Jak zauważa dziennik wypracowany dokument to kompromis między krajami UE. Duże kraje, takie jak Francja, Włochy i Hiszpania, chcą jak najszybciej doprowadzić do powstania „unii obronnej”.

„Mniejsze kraje, zwłaszcza w Europie Wschodniej, są niezdecydowane. Czują się chronione przez NATO – zwłaszcza Amerykę i raczej nie chcą zamienić tej ochrony na europejską armię” – czytamy w gazecie.

Reklama

Źródła „De Telegraaf” w holenderskim rządzie wskazują, że Niderlandy wybierają środkową drogę. Nie chcą osłabiać NATO, ale jednocześnie Hadze zależy na tym, aby kraje członkowskie UE potrafiły działać w sytuacji konfliktów regionalnych.

„Niderlandy nie chcą jednak, aby inne kraje mogły decydować, gdzie rozmieszczani są holenderscy żołnierze lub sprzęt” – twierdzi informator gazety.

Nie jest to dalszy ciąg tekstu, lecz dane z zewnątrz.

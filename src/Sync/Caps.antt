-- ===== src/Sync/Caps.antt =====
-- src/sync/sync.cpp: `has_cap`.
use llama_cli.Base.{
  ℕ, zero, suc, ◌+◌, ◌-◌, Bool, true, false, ◌&&◌, ◌||◌, none, some, leb, ◌==◌, if◌then◌else◌,
  length, Text, char_at, find_from,
}

-- The loop: each round that finds `cap` moves behind it, so that a round for each byte and one more
-- is enough for any capability but the empty one.
unfoldable pub has_cap_from : Text → Text → ℕ → ℕ → Bool
has_cap_from caps cap zero pos = false
has_cap_from caps cap (suc rounds) pos = elim (find_from cap caps pos) [
  | none ↦ false
  | some at ↦
      let at_start = at == 0 || char_at caps (at - 1) == b',' in
      let at_end = leb (length caps) (at + length cap) || char_at caps (at + length cap) == b',' in
      let later = has_cap_from caps cap rounds (at + length cap) in
      if at_start && at_end then true else later
]

unfoldable pub has_cap : Text → Text → Bool
unfolding has_cap_from
has_cap caps cap = has_cap_from caps cap (length caps + 1) 0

„Problem polega na tym, że państwa UE w ciągu ostatnich trzydziestu lat prawie nie inwestowały w obronę” – mówi dziennikowi Lotje Boswinkel z Haskiego Centrum Studiów Strategicznych (HCSS) i dodaje, że Europa potrzebuje co najmniej 10 lat aby uniezależnić się militarnie od USA.